Separate Einwilligungen einzelner Nutzer in die Verwendung von Daten bleiben damit Maßgabe für die Nutzung von Diensten, wie sie sich in der Debatte um die “Cookie Banner”, die Nutzern beim Aufrufen von Webseiten angezeigt werden, schon jetzt manifestiert. Die Grundsätze für die Abfrage zur Speicherung von Cookies werden durch die EPVO nicht beseitigt. Einfache Regeln und mehr Komfort für Nutzer konnten nicht mit dem Anspruch an einen separaten Internetdatenschutz in Einklang gebracht werden. Mangelnder Nutzerkomfort und Dienste-übergreifende Kontrolle über Daten sind aber nicht das einzige Problem der EPVO. Anbieter werbefinanzierter Dienste kritisieren Kommissionsvorschlag und Parlamentsbeschluss weiter massiv, da er in ihren Augen den Betrieb ihrer Dienste massiv einschränkt.
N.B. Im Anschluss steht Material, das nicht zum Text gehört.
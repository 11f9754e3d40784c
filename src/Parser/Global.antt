-- ===== src/Parser/Global.antt =====
-- src/parser.c: `global` declarations.
use lua2wasm.Prelude.{
  ℕ, zero, suc, ◌+◌, Bytes, codes, length, List, [], ◌∷◌, Bool, true, false, ◌==◌, Option, none,
  some,
}
use lua2wasm.Lexer.Token.{TokKind}
use lua2wasm.Lexer.Scan.{Token}
use lua2wasm.Parser.Ast.{expr, Shape, exprs, no_exprs, Stmt, stmt, StmtShape}
use lua2wasm.Parser.Scope.{frame_declare_global}
use lua2wasm.Parser.State.{
  Action, plain, pure, give_up, gets, modify, branch, on_option, check_ok, set_error_at, fail_with,
  peek, advance, if_match, take_ident, name_of, ◌>>=◌, ◌>>◌,
}
use lua2wasm.Parser.Resolve.{global_index}
use lua2wasm.Parser.Body.{parse_function_body_ex}
use lua2wasm.Parser.Calls.{Calls}
use lua2wasm.Parser.Local.{optional_attribute, optional_values, cons_some}

-- frame_declare_global on the innermost frame; the test tells whether there was room.
unfoldable pub declare_global : {F : Type 0} → Option Bytes → ℕ → Action F Bool
declare_global name attrib = do
  r ← gets (λ p. frame_declare_global p.frame name attrib)
  modify (λ p. record p { frame = r.0 })
  pure r.1

module _ {F : Type 0} (toks : List (Token F)) where
  -- The names with their attributes; `why` is the error for a missing name.
  unfoldable pub global_names : ℕ → Bytes → ℕ → Action F (Option (List (Bytes × ℕ)))
  global_names zero why default_attrib = give_up
  global_names (suc fuel) why default_attrib = take_ident toks none why (λ nm. do
    a ← optional_attribute toks default_attrib
    on_option a (pure none) (λ attrib.
        branch (attrib == 2)
          (do
            set_error_at nm.line (plain (codes "global variables cannot be to-be-closed"))
            pure none)
          (do
            if_match toks TokKind.comma
                (do
                  rest ← global_names fuel (codes "expected identifier") default_attrib
                  pure (cons_some (name_of nm, attrib) rest))
                (pure (some ((name_of nm, attrib) ∷ []))))))

  unfoldable pub global_indices : List (Bytes × ℕ) → Action F (Option (List ℕ))
  global_indices [] = pure (some [])
  global_indices (na ∷ rest) = do
    g ← global_index toks na.0
    on_option g (pure none) (λ i. do idxs ← global_indices rest; pure (cons_some i idxs))

  -- Whether there was room for all of them.
  unfoldable pub declare_globals : List (Bytes × ℕ) → Action F Bool
  declare_globals [] = pure true
  declare_globals (na ∷ rest) = do
    room ← declare_global (some na.0) na.1
    branch room (declare_globals rest)
        (fail_with toks false (plain (codes "too many declarations")))

  -- `global *`
  unfoldable pub parse_collective : ℕ → Action F (Stmt F)
  parse_collective attrib = do
    room ← declare_global none attrib
    branch room (pure Stmt.null) (fail_with toks Stmt.null (plain (codes "too many declarations")))

  module _ (c : Calls F) where
    unfoldable pub global_function_body : ℕ → ℕ → Action F (Stmt F)
    global_function_body line gi = do
      fn ← parse_function_body_ex toks c.parse_block line false
      check_ok Stmt.null (
          pure (
            stmt line (
              StmtShape.global_decl (gi ∷ [])
                (exprs (expr line false (Shape.function fn)) no_exprs))))

    unfoldable pub parse_global_function : ℕ → Action F (Stmt F)
    parse_global_function line = take_ident toks Stmt.null (codes "expected function name") (λ nm.
        do
          g ← global_index toks (name_of nm)
          on_option g (pure Stmt.null) (λ gi. do
            room ← declare_global (some (name_of nm)) 0
            branch room (global_function_body line gi)
                (fail_with toks Stmt.null (plain (codes "too many declarations")))))

    -- The names come into scope after their values.
    unfoldable pub finish_globals : ℕ → List (Bytes × ℕ) → Action F (Stmt F)
    finish_globals line names = do
      indices ← global_indices names
      on_option indices (pure Stmt.null) (λ idxs. do
        vals ← optional_values toks c
        on_option vals (pure Stmt.null) (λ vs. do
          room ← declare_globals names
          branch room (pure (stmt line (StmtShape.global_decl idxs vs))) (pure Stmt.null)))

    unfoldable pub parse_global_list : ℕ → ℕ → Action F (Stmt F)
    parse_global_list line default_attrib = do
      if_match toks TokKind.star (parse_collective default_attrib) (do
        names ←
            global_names (length toks + 1) (codes "expected identifier after `global`")
              default_attrib
        on_option names (pure Stmt.null) (λ ns. finish_globals line ns))

    unfoldable pub parse_global_attribs : ℕ → Action F (Stmt F)
    parse_global_attribs line = do
      d ← optional_attribute toks 0
      on_option d (pure Stmt.null) (λ default_attrib.
          branch (default_attrib == 2)
            (fail_with toks Stmt.null (plain (codes "global variables cannot be to-be-closed")))
            (parse_global_list line default_attrib))

    unfoldable pub parse_global : Action F (Stmt F)
    parse_global = do
      t ← peek toks
      advance toks
      if_match toks TokKind.kw_function (parse_global_function t.line) (parse_global_attribs t.line)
In der Diskussion wird leider häufig außer Acht gelassen, dass es nicht nur einzelne Geschäftsmodelle sind, die hier angegriffen werden, sondern dass die Dienste selbst in Frage gestellt werden. Zahlreiche Änderungen und Ergänzungen in den Artikeln 5, 6 und 7 werfen die Frage auf, in welchem Rahmen überhaupt Daten und vor allem Metadaten erhoben werden können und inwieweit diese für die Bereitstellung von Diensten verwendet werden dürfen. Sowohl die unklaren Definitionen von Diensten und Funktionen als auch die bestehenden Unschärfen zwischen Kommunikationsinhalten und Metadaten sorgen für gravierende Rechtsunsicherheit. Diese Definitionen werden durch weitere Ausnahmetatbestände verzerrt und sorgen so für Verwirrung und Unsicherheit bei allen Marktteilnehmern. Die EPVO ist aus der Form gefallen. Die derzeitigen Regeln sowohl des Kommissionsvorschlags als auch des Parlamentsbeschlusses gehen weit über das im Verordnungsentwurf festgeschriebene Ziel des Schutzes der Vertraulichkeit der elektronischen Kommunikation hinaus. Stattdessen werden datenschutzrechtliche Ausnahmetatbestände für die digitale Welt geschaffen, um dort nicht nur Geschäftsmodelle, sondern die Bereitstellung von Diensten selbst zu regeln. Bereits in den Diskussionen wurde diese Problematik z.T. als kontraproduktiv erkannt und daher z. B. bei der Cybersicherheit Ausnahmetatbestände für die Ausnahmetatbestände geschaffen. Aufgrund der restriktiven Herangehensweise, die Art. 6 der EPVO vorzeichnet, zieht sich diese Problematik durch die gesamte Verordnung. Es liegt nun beim Europäischen Rat, eine Lösung für das verzerrte Regulierungsgeflecht zu finden. Für die aufgeworfenen Fragen müssen Antworten gefunden werden, die ausgewogen den Bedarf nach einer Regulierung der Vertraulichkeit elektronischer Kommunikation einerseits und eines stringenten und kohärenten Europäischen Datenschutzes andererseits berücksichtigen.